# Card cutting: First attempt



## Kalevala (Jul 20, 2014)

Hello :wave:

Today was first time, when I try this. Went as expected.

Whole set up needs some fine tuning, better lighing, larger mirror and bettet shooting :bawling: .

It is difficult to see the edge of the card when there is no light above and should find smaller and different kind clamp somewhere.


----------



## treefork (Feb 1, 2010)

You're hitting the card edge . Nice !


----------



## Genoa Slingshot (Oct 29, 2015)

Nice shooting. Think you are close to the badge! 
On the next days, think I'll try it too...maybe with a few luck...


----------



## Kalevala (Jul 20, 2014)

treefork said:


> You're hitting the card edge . Nice !


Not nice enough :banghead:


----------



## Tag (Jun 11, 2014)

You can do this!!!!!!!! looking forward to seeing the video. Focus just below the clamp to help on hitting the target.


----------



## Can-Opener (May 11, 2013)

You can do it  You are so close


----------



## grappo73 (Dec 15, 2015)

Not so far........ Try again!!!


----------



## Charles (Aug 26, 2010)

You are very close!!! Just keep at it, and you will get there. As for seeing the edge of the card .... just shoot for where you know the card is. There will be cues from your clamp and from the back stop.

Cheers ... Charles


----------



## Kalevala (Jul 20, 2014)

20 mm more and I would have done it 3 times today issedoff:

Surprisingly difficult :shocked: , makes me wonder am Iusing right kind of cards (excuses excuses).

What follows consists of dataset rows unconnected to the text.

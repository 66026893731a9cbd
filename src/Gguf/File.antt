-- ===== src/Gguf/File.antt =====
-- src/gguf.cpp, include/adi/gguf.hpp: the constructor of GgufFile, which reads the directory and
-- checks it against the file.
pub mod Directory
pub mod Tensors
pub mod Valid
use adi.Base.{
  ℕ, zero, suc, ◌+◌, ◌-◌, ◌*◌, ◌/◌, ◌%◌, ◌^◌, Bool, true, false, not, ◌||◌, List, [], ◌∷◌, ◌++◌,
  Option, none, some, ltb, leb, ◌==◌, if◌then◌else◌, length, list_eq, take, drop,
}
use adi.Base.Result.{Result, ok, err, ◌>>=◌, ◌>>◌, guard}
use adi.Base.Text.{codes}
use adi.Utf8.{Bytes}
use adi.Gguf.Cursor.{
  GgufError, file_too_small, bad_magic, unsupported_version, directory_exceeds_file,
  duplicate_metadata_key, duplicate_tensor_name, unsupported_dimension_count, invalid_dimensions,
  data_outside_file, offset_overflows, u64_max, read, read_string, at, load_scalar,
}
use adi.Gguf.Types.{
  GgufValueType, u8, i8, u16, i16, u32, i32, f32, boolean, string, array, u64, i64, f64, GgmlType,
  read_value_type, skip_value, scalar_size, ggml_type_of, tensor_bytes,
}
use adi.Gguf.Align.{align_up}

pub record GgufMetadata : Type 0 where
  pub key : Bytes
  pub type : GgufValueType
  pub value_offset : ℕ

pub record GgufTensor : Type 0 where
  pub name : Bytes
  pub dimensions : List ℕ
  pub type : GgmlType
  pub offset : ℕ
  pub elements : ℕ
  pub bytes : ℕ

unfoldable pub find_metadata : Bytes → List GgufMetadata → Option GgufMetadata
find_metadata key [] = none
find_metadata key (entry ∷ entries) =
    if list_eq entry.key key then some entry else find_metadata key entries

unfoldable pub find_tensor : Bytes → List GgufTensor → Option GgufTensor
find_tensor name [] = none
find_tensor name (tensor ∷ tensors) =
    if list_eq tensor.name name then some tensor else find_tensor name tensors

abbrev pub is_none {ℓ} : {A : Type ℓ} → Option A → Bool
is_none none = true
is_none (some a) = false

-- The loop over the metadata directory; `entries` are those read so far.
unfoldable pub read_metadata :
    Bytes → ℕ → List GgufMetadata → ℕ → Result GgufError (List GgufMetadata × ℕ)
read_metadata file zero entries position = ok (entries, position)
read_metadata file (suc count) entries position = do
  (key, p) ← read_string file position
  (type, value_offset) ← read_value_type file p
  guard (is_none (find_metadata key entries)) duplicate_metadata_key
  next ← skip_value file 9 type value_offset
  read_metadata file count
      (entries ++ record { key = key; type = type; value_offset = value_offset } ∷ []) next

-- A signed scalar of `width` bytes: its value if that is not negative.
abbrev pub not_negative : ℕ → ℕ → Option ℕ
not_negative width value = if ltb value (2 ^ (8 * width - 1)) then some value else none

unfoldable pub integer_value : GgufValueType → Bytes → Option ℕ
integer_value u8 bytes = some (load_scalar bytes)
integer_value u16 bytes = some (load_scalar bytes)
integer_value u32 bytes = some (load_scalar bytes)
integer_value u64 bytes = some (load_scalar bytes)
integer_value i8 bytes = not_negative 1 (load_scalar bytes)
integer_value i16 bytes = not_negative 2 (load_scalar bytes)
integer_value i32 bytes = not_negative 4 (load_scalar bytes)
integer_value i64 bytes = not_negative 8 (load_scalar bytes)
integer_value f32 bytes = none
integer_value boolean bytes = none
integer_value string bytes = none
integer_value array bytes = none
integer_value f64 bytes = none

unfoldable pub integer : Bytes → List GgufMetadata → Bytes → Result GgufError (Option ℕ)
integer file entries key = elim (find_metadata key entries) [
  | none ↦ ok none
  | some entry ↦ at file entry.value_offset (scalar_size entry.type) >>= λ bytes.
      ok (integer_value entry.type bytes)
]

-- The loop over the extents of a tensor, `count` of them; `elements` is their product so far.
unfoldable pub read_dimensions : Bytes → ℕ → List ℕ → ℕ → ℕ → Result GgufError (List ℕ × ℕ × ℕ)
read_dimensions file zero dimensions elements position = ok (dimensions, elements, position)
read_dimensions file (suc count) dimensions elements position = do
  (extent, next) ← read file 8 position
  guard (not (extent == 0 || ltb (u64_max / extent) elements)) invalid_dimensions
  read_dimensions file count (dimensions ++ extent ∷ []) (elements * extent % 2 ^ 64) next

abbrev pub max_dimensions : ℕ
max_dimensions = 4

-- One round of the loop over the tensor directory.
unfoldable pub read_tensor : Bytes → List GgufTensor → ℕ → Result GgufError (GgufTensor × ℕ)
read_tensor file tensors position = do
  (name, p₁) ← read_string file position
  guard (is_none (find_tensor name tensors)) duplicate_tensor_name
  (dimension_count, p₂) ← read file 4 p₁
  guard (not (dimension_count == 0 || ltb max_dimensions dimension_count))
      unsupported_dimension_count
  (dimensions, elements, p₃) ← read_dimensions file dimension_count [] 1 p₂
  (raw, p₄) ← read file 4 p₃
  (offset, p₅) ← read file 8 p₄
  bytes ← tensor_bytes (ggml_type_of raw) elements
  ok (
    record {
      name = name;
      dimensions = dimensions;
      type = ggml_type_of raw;
      offset = offset;
      elements = elements;
      bytes = bytes;
    },
    p₅,
  )

unfoldable pub read_tensors :
    Bytes → ℕ → List GgufTensor → ℕ → Result GgufError (List GgufTensor × ℕ)
read_tensors file zero tensors position = ok (tensors, position)
read_tensors file (suc count) tensors position = do
  (tensor, next) ← read_tensor file tensors position
  read_tensors file count (tensors ++ tensor ∷ []) next

-- The last loop: each offset is made absolute and its range checked.
unfoldable pub place_tensors : Bytes → ℕ → List GgufTensor → Result GgufError (List GgufTensor)
place_tensors file data_offset [] = ok []
place_tensors file data_offset (tensor ∷ tensors) = do
  guard (not (ltb (u64_max - data_offset) tensor.offset)) offset_overflows
  let offset = (tensor.offset + data_offset) % 2 ^ 64
  content ← at file offset tensor.bytes
  placed ← place_tensors file data_offset tensors
  ok (record tensor { offset = offset } ∷ placed)

pub record GgufFile : Type 0 where
  pub version : ℕ
  pub alignment : ℕ
  pub metadata : List GgufMetadata
  pub tensors : List GgufTensor

abbrev pub gguf_magic : ℕ
gguf_magic = 0x46554747

abbrev pub supported_version : ℕ
supported_version = 3

abbrev pub alignment_key : Bytes
alignment_key = codes "general.alignment"

abbrev pub default_alignment : ℕ
default_alignment = 32

abbrev pub alignment_or : Option ℕ → ℕ
alignment_or none = default_alignment
alignment_or (some alignment) = alignment

-- `GgufFile(path)`, from the mapped bytes on.
unfoldable pub parse_file : Bytes → Result GgufError GgufFile
parse_file file = do
  guard (leb 24 (length file)) file_too_small
  (magic, p₁) ← read file 4 0
  guard (magic == gguf_magic) bad_magic
  (version, p₂) ← read file 4 p₁
  guard (version == supported_version) unsupported_version
  (tensor_count, p₃) ← read file 8 p₂
  (metadata_count, p₄) ← read file 8 p₃
  guard (not (ltb (length file - p₄) tensor_count || ltb (length file - p₄) metadata_count))
      directory_exceeds_file
  (metadata, p₅) ← read_metadata file metadata_count [] p₄
  value ← integer file metadata alignment_key
  (tensors, p₆) ← read_tensors file tensor_count [] p₅
  data_offset ← align_up p₆ (alignment_or value)
  guard (leb data_offset (length file)) data_outside_file
  placed ← place_tensors file data_offset tensors
  ok (record {
    version = version;
    alignment = alignment_or value;
    metadata = metadata;
    tensors = placed;
  })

Thank You all for your support 

Short video clip, I use 2 camera set up, but here you see the card only.


----------



## Rrqwe (Nov 17, 2013)

Nice shooting. You are so close. Next time you cut it !  .


----------



## Kalevala (Jul 20, 2014)

Thanks , I hope so.

I think the reason, why I have failed to cut cards, is that my cards are not stiff enough.

Fortunately there is an easy solution, to buy a new ones.
Any suggestions of suitable cards ?


----------



## BC-Slinger (Jan 6, 2013)

Looking good. I would say you may wanna try heavier ammo looks like 3/8s your using and that right there makes it more difficult. Almost all lead is heavier and works great and cutting down some metal rods works magic and is nearly cheating.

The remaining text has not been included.